Your answer must be an exact transcription of every record.

==== Data provided ====

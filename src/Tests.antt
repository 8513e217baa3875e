-- ===== src/Tests.antt =====
-- Concrete runs of the theorems.
mod Items
mod Chunks
mod Clients
mod Commands
mod Connections
mod Packs
mod Loop
mod Sending
mod Settings
mod Worlds
mod Bodies
mod Chats
mod Routes
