-- ===== src/Tests/Bodies.antt =====
-- Two players, of which one moves (internal/server/mcpe_player_sync.go).
use open_ai_mc_be_server.Inventory.Store.{new_inventory}
use open_ai_mc_be_server.Prelude.Dict.{lookup}
use open_ai_mc_be_server.Prelude.{
  ℕ, ◌≡◌, ◌≢◌, refl, Bool, true, false, ◌&&◌, not, [], ◌∷◌, some, ◌==◌, if◌then◌else◌, arith, ◌||◌,
  ◌+◌, ◌<◌,
}
use open_ai_mc_be_server.Prelude.Int.{eqb_ℤ, ℤ, pos, negsuc}
use open_ai_mc_be_server.World.Flat.{Vec3}
use open_ai_mc_be_server.Session.State.{
  Server, Client, new_client, spawned, done, Message, spawned_players_except,
}
use open_ai_mc_be_server.Inventory.Item.{Protocol, container_code}
use open_ai_mc_be_server.Inventory.Client.{Sent}
use open_ai_mc_be_server.Movement.Metadata.{
  Keys, FlagNumbers, InputNumbers, Toggle, Bitset, Metadata, int64,
  update_player_metadata_from_input,
}
use open_ai_mc_be_server.Movement.Flags.{has_flag}
use open_ai_mc_be_server.Movement.Input.{after_input, update_player_metadata_from_input_lem}
use open_ai_mc_be_server.Movement.Body.{initial_body, finite_vec, Body, Float32, Stage, Update}
use open_ai_mc_be_server.Movement.Handlers.{
  finite_pose, auth_input, PlayerAuthInput, handle_body_packet, handle_player_auth_input,
}
use open_ai_mc_be_server.Movement.Finite.{FiniteLaws, AllFinite, handle_body_packet-AllFinite}
use open_ai_mc_be_server.Movement.View.{seen, pose_of, listed}
use open_ai_mc_be_server.Movement.Seen.{asked, asked_same, handle_player_auth_input-seen}

instance abbrev pub plain_protocol : Protocol ℕ
plain_protocol = record {
  zero_details = 0;
  deep_equal = λ a b. a == b;
  container_id = container_code;
}

abbrev pub keys : Keys
keys = record {
  flags = 0;
  flags_two = 92;
  name = 4;
  scale = 38;
  width = 53;
  height = 54;
  air_supply = 7;
  air_supply_max = 42;
}

abbrev pub flag_numbers : FlagNumbers
flag_numbers = record {
  show_name = 14;
  always_show_name = 15;
  has_collision = 48;
  has_gravity = 49;
  sneaking = 1;
  sprinting = 3;
  swimming = 57;
  gliding = 32;
  fly = 46;
  crawling = 115;
}

abbrev toggle : ℕ → Toggle
toggle n = record { start = n; stop = n + 1 }

abbrev pub input_numbers : InputNumbers
input_numbers = record {
  sneaking = 8;
  jumping = 6;
  perform_item_stack_request = 35;
  sprinting = toggle 25;
  swimming = toggle 29;
  gliding = toggle 33;
  flying = toggle 42;
  crawling = toggle 46;
}

-- The player sneaks and starts to crawl.
abbrev crouching : Bitset
crouching = record { len = 65; load = λ n. n == 8 || n == 46 }

abbrev upright : Metadata ℤ
upright = (0, int64 0) ∷ (92, int64 0) ∷ []

keys_apart : keys.flags ≢ keys.flags_two
keys_apart e = absurd (omega arith)

update_player_metadata_from_input_lem_example :
    ((g : ℕ)
      → g < 128
      → has_flag keys
          (update_player_metadata_from_input keys flag_numbers input_numbers crouching upright).0
          g
        ≡ after_input flag_numbers input_numbers crouching g (has_flag keys upright g))
    × ((update_player_metadata_from_input keys flag_numbers input_numbers crouching upright).1
          ≡ false
        → (update_player_metadata_from_input keys flag_numbers input_numbers crouching upright).0
          ≡ upright)
    × ((k : ℕ)
        → k ≢ keys.flags
        → k ≢ keys.flags_two
        → lookup k
            (update_player_metadata_from_input keys flag_numbers input_numbers crouching upright).0
          ≡ lookup k upright)
update_player_metadata_from_input_lem_example =
    update_player_metadata_from_input_lem keys keys_apart flag_numbers input_numbers crouching
      upright (omega arith) (omega arith) (omega arith) (omega arith) (omega arith) (omega arith)

-- Whole numbers as floats; -1 stands for all that is not finite.
abbrev pub whole : Float32 ℤ
whole = record {
  zero_float = pos 0;
  finite = λ v. not (eqb_ℤ v (negsuc 0));
  same = eqb_ℤ;
  sub = λ v w. v;
  mod_360 = λ v. v;
  is_negative = λ v. false;
  add_360 = λ v. v;
}

whole_laws : FiniteLaws whole
whole_laws = record { zero_finite = refl; mod_finite = λ v h. h; add_finite = λ v h n. h }

abbrev at_spawn : Vec3 ℤ
at_spawn = record { x = pos 0; y = pos 64; z = pos 0 }

abbrev standing : Body ℤ
standing = initial_body whole at_spawn upright

abbrev player : ℕ → Client
player id = record new_client { state = spawned; runtime_id = id }

abbrev two_players : Server
two_players = record {
  online_mode = true;
  has_packs = false;
  view_distance = 8;
  next_id = 2;
  players = (1, 0) ∷ (2, 1) ∷ [];
  clients = λ ref. if ref == 0 then player 1 else player 2;
  sent = [];
}

abbrev pub meeting : Stage ℤ ℕ
meeting = record {
  server = two_players;
  bodies = λ ref. standing;
  bags = λ ref. record { runtime_id = 1; creative = false; inventory = new_inventory; sent = [] };
  updates = [];
}

abbrev step : PlayerAuthInput ℤ
step = record {
  position = record { x = pos 1; y = pos 64; z = pos 0 };
  pitch = pos 0;
  yaw = pos 90;
  head_yaw = pos 90;
  delta = record { x = pos 1; y = pos 0; z = pos 0 };
  input_data = crouching;
  item_stack_request = record { request_id = pos 1; actions = [] };
  tick = 5;
}

abbrev always : ℕ → Update ℤ → Bool
always ref u = true

abbrev bag_always : Sent ℕ → Bool
bag_always u = true

abbrev session_always : ℕ → Message → Bool
session_always ref m = true

finite_meeting : AllFinite whole meeting
unfolding finite_vec
finite_meeting k = record { place = refl; pitch = refl; yaw = refl; head_yaw = refl }

handle_body_packet-AllFinite_example :
    AllFinite whole
      (handle_body_packet always whole bag_always session_always 800 keys flag_numbers input_numbers
        0
        (auth_input step)
        meeting).1
handle_body_packet-AllFinite_example =
    handle_body_packet-AllFinite whole whole_laws always bag_always session_always 800 keys
      flag_numbers input_numbers 0 (auth_input step) meeting finite_meeting

step-finite :
    finite_pose always whole bag_always step.position step.pitch step.yaw step.head_yaw ≡ true
unfolding finite_vec
step-finite = refl

handle_player_auth_input-seen_example :
    let t =
      handle_player_auth_input always whole bag_always keys flag_numbers input_numbers 0 step
        meeting in
    (t.0 ≡ done)
    × (pose_of (t.1.bodies 0)
        ≡ asked always (λ ref u. refl) whole bag_always keys flag_numbers input_numbers step)
    × ((p : ℕ)
        → seen p 1 t.1.updates ≡ (
            if not (
                asked_same always
                  (λ ref u. refl)
                  whole
                  bag_always
                  keys
                  flag_numbers
                  input_numbers
                  standing
                  step)
              && listed p (spawned_players_except two_players 0)
            then some
                (asked always (λ ref u. refl) whole bag_always keys flag_numbers input_numbers step)
            else seen p 1 []))
handle_player_auth_input-seen_example =
    handle_player_auth_input-seen always (λ ref u. refl) whole bag_always keys flag_numbers
      input_numbers 0 step meeting refl step-finite refl refl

====

--- Your response ---
filename src/Tests.antt
repository 8513e217baa3875e
-- ===== src/Tests.antt =====
-- Concrete runs of the theorems.
mod Items
mod Chunks
mod Clients
mod Commands
mod Connections
mod Packs
mod Loop
mod Sending
mod Settings
mod Worlds
mod Bodies
mod Chats
mod Routes
-- ===== src/Tests/Bodies.antt =====
-- Two players, of which one moves (internal/server/mcpe_player_sync.go).
use open_ai_mc_be_server.Inventory.Store.{new_inventory}
use open_ai_mc_be_server.Prelude.Dict.{lookup}
use open_ai_mc_be_server.Prelude.{
  ℕ, ◌≡◌, ◌≢◌, refl, Bool, true, false, ◌&&◌, not, [], ◌∷◌, some, ◌==◌, if◌then◌else◌, arith, ◌||◌,
  ◌+◌, ◌<◌,
}
use open_ai_mc_be_server.Prelude.Int.{eqb_ℤ, ℤ, pos, negsuc}
use open_ai_mc_be_server.World.Flat.{Vec3}
use open_ai_mc_be_server.Session.State.{
  Server, Client, new_client, spawned, done, Message, spawned_players_except,
}
use open_ai_mc_be_server.Inventory.Item.{Protocol, container_code}
use open_ai_mc_be_server.Inventory.Client.{Sent}
use open_ai_mc_be_server.Movement.Metadata.{
  Keys, FlagNumbers, InputNumbers, Toggle, Bitset, Metadata, int64,
  update_player_metadata_from_input,
}
use open_ai_mc_be_server.Movement.Flags.{has_flag}
use open_ai_mc_be_server.Movement.Input.{after_input, update_player_metadata_from_input_lem}
use open_ai_mc_be_server.Movement.Body.{initial_body, finite_vec, Body, Float32, Stage, Update}
use open_ai_mc_be_server.Movement.Handlers.{
  finite_pose, auth_input, PlayerAuthInput, handle_body_packet, handle_player_auth_input,
}
use open_ai_mc_be_server.Movement.Finite.{FiniteLaws, AllFinite, handle_body_packet-AllFinite}
use open_ai_mc_be_server.Movement.View.{seen, pose_of, listed}
use open_ai_mc_be_server.Movement.Seen.{asked, asked_same, handle_player_auth_input-seen}

instance abbrev pub plain_protocol : Protocol ℕ
plain_protocol = record {
  zero_details = 0;
  deep_equal = λ a b. a == b;
  container_id = container_code;
}

abbrev pub keys : Keys
keys = record {
  flags = 0;
  flags_two = 92;
  name = 4;
  scale = 38;
  width = 53;
  height = 54;
  air_supply = 7;
  air_supply_max = 42;
}

abbrev pub flag_numbers : FlagNumbers
flag_numbers = record {
  show_name = 14;
  always_show_name = 15;
  has_collision = 48;
  has_gravity = 49;
  sneaking = 1;
  sprinting = 3;
  swimming = 57;
  gliding = 32;
  fly = 46;
  crawling = 115;
}

abbrev toggle : ℕ → Toggle
toggle n = record { start = n; stop = n + 1 }

abbrev pub input_numbers : InputNumbers
input_numbers = record {
  sneaking = 8;
  jumping = 6;
  perform_item_stack_request = 35;
  sprinting = toggle 25;
  swimming = toggle 29;
  gliding = toggle 33;
  flying = toggle 42;
  crawling = toggle 46;
}

-- The player sneaks and starts to crawl.
abbrev crouching : Bitset
crouching = record { len = 65; load = λ n. n == 8 || n == 46 }

abbrev upright : Metadata ℤ
upright = (0, int64 0) ∷ (92, int64 0) ∷ []

keys_apart : keys.flags ≢ keys.flags_two
keys_apart e = absurd (omega arith)

update_player_metadata_from_input_lem_example :
    ((g : ℕ)
      → g < 128
      → has_flag keys
          (update_player_metadata_from_input keys flag_numbers input_numbers crouching upright).0
          g
        ≡ after_input flag_numbers input_numbers crouching g (has_flag keys upright g))
    × ((update_player_metadata_from_input keys flag_numbers input_numbers crouching upright).1
          ≡ false
        → (update_player_metadata_from_input keys flag_numbers input_numbers crouching upright).0
          ≡ upright)
    × ((k : ℕ)
        → k ≢ keys.flags
        → k ≢ keys.flags_two
        → lookup k
            (update_player_metadata_from_input keys flag_numbers input_numbers crouching upright).0
          ≡ lookup k upright)
update_player_metadata_from_input_lem_example =
    update_player_metadata_from_input_lem keys keys_apart flag_numbers input_numbers crouching
      upright (omega arith) (omega arith) (omega arith) (omega arith) (omega arith) (omega arith)

-- Whole numbers as floats; -1 stands for all that is not finite.
abbrev pub whole : Float32 ℤ
whole = record {
  zero_float = pos 0;
  finite = λ v. not (eqb_ℤ v (negsuc 0));
  same = eqb_ℤ;
  sub = λ v w. v;
  mod_360 = λ v. v;
  is_negative = λ v. false;
  add_360 = λ v. v;
}

whole_laws : FiniteLaws whole
whole_laws = record { zero_finite = refl; mod_finite = λ v h. h; add_finite = λ v h n. h }

abbrev at_spawn : Vec3 ℤ
at_spawn = record { x = pos 0; y = pos 64; z = pos 0 }

abbrev standing : Body ℤ
standing = initial_body whole at_spawn upright

abbrev player : ℕ → Client
player id = record new_client { state = spawned; runtime_id = id }

abbrev two_players : Server
two_players = record {
  online_mode = true;
  has_packs = false;
  view_distance = 8;
  next_id = 2;
  players = (1, 0) ∷ (2, 1) ∷ [];
  clients = λ ref. if ref == 0 then player 1 else player 2;
  sent = [];
}

abbrev pub meeting : Stage ℤ ℕ
meeting = record {
  server = two_players;
  bodies = λ ref. standing;
  bags = λ ref. record { runtime_id = 1; creative = false; inventory = new_inventory; sent = [] };
  updates = [];
}

abbrev step : PlayerAuthInput ℤ
step = record {
  position = record { x = pos 1; y = pos 64; z = pos 0 };
  pitch = pos 0;
  yaw = pos 90;
  head_yaw = pos 90;
  delta = record { x = pos 1; y = pos 0; z = pos 0 };
  input_data = crouching;
  item_stack_request = record { request_id = pos 1; actions = [] };
  tick = 5;
}

abbrev always : ℕ → Update ℤ → Bool
always ref u = true

abbrev bag_always : Sent ℕ → Bool
bag_always u = true

abbrev session_always : ℕ → Message → Bool
session_always ref m = true

finite_meeting : AllFinite whole meeting
unfolding finite_vec
finite_meeting k = record { place = refl; pitch = refl; yaw = refl; head_yaw = refl }

handle_body_packet-AllFinite_example :
    AllFinite whole
      (handle_body_packet always whole bag_always session_always 800 keys flag_numbers input_numbers
        0
        (auth_input step)
        meeting).1
handle_body_packet-AllFinite_example =
    handle_body_packet-AllFinite whole whole_laws always bag_always session_always 800 keys
      flag_numbers input_numbers 0 (auth_input step) meeting finite_meeting

step-finite :
    finite_pose always whole bag_always step.position step.pitch step.yaw step.head_yaw ≡ true
unfolding finite_vec
step-finite = refl

handle_player_auth_input-seen_example :
    let t =
      handle_player_auth_input always whole bag_always keys flag_numbers input_numbers 0 step
        meeting in
    (t.0 ≡ done)
    × (pose_of (t.1.bodies 0)
        ≡ asked always (λ ref u. refl) whole bag_always keys flag_numbers input_numbers step)
    × ((p : ℕ)
        → seen p 1 t.1.updates ≡ (
            if not (
                asked_same always
                  (λ ref u. refl)
                  whole
                  bag_always
                  keys
                  flag_numbers
                  input_numbers
                  standing
                  step)
              && listed p (spawned_players_except two_players 0)
            then some
                (asked always (λ ref u. refl) whole bag_always keys flag_numbers input_numbers step)
            else seen p 1 []))
handle_player_auth_input-seen_example =
    handle_player_auth_input-seen always (λ ref u. refl) whole bag_always keys flag_numbers
      input_numbers 0 step meeting refl step-finite refl refl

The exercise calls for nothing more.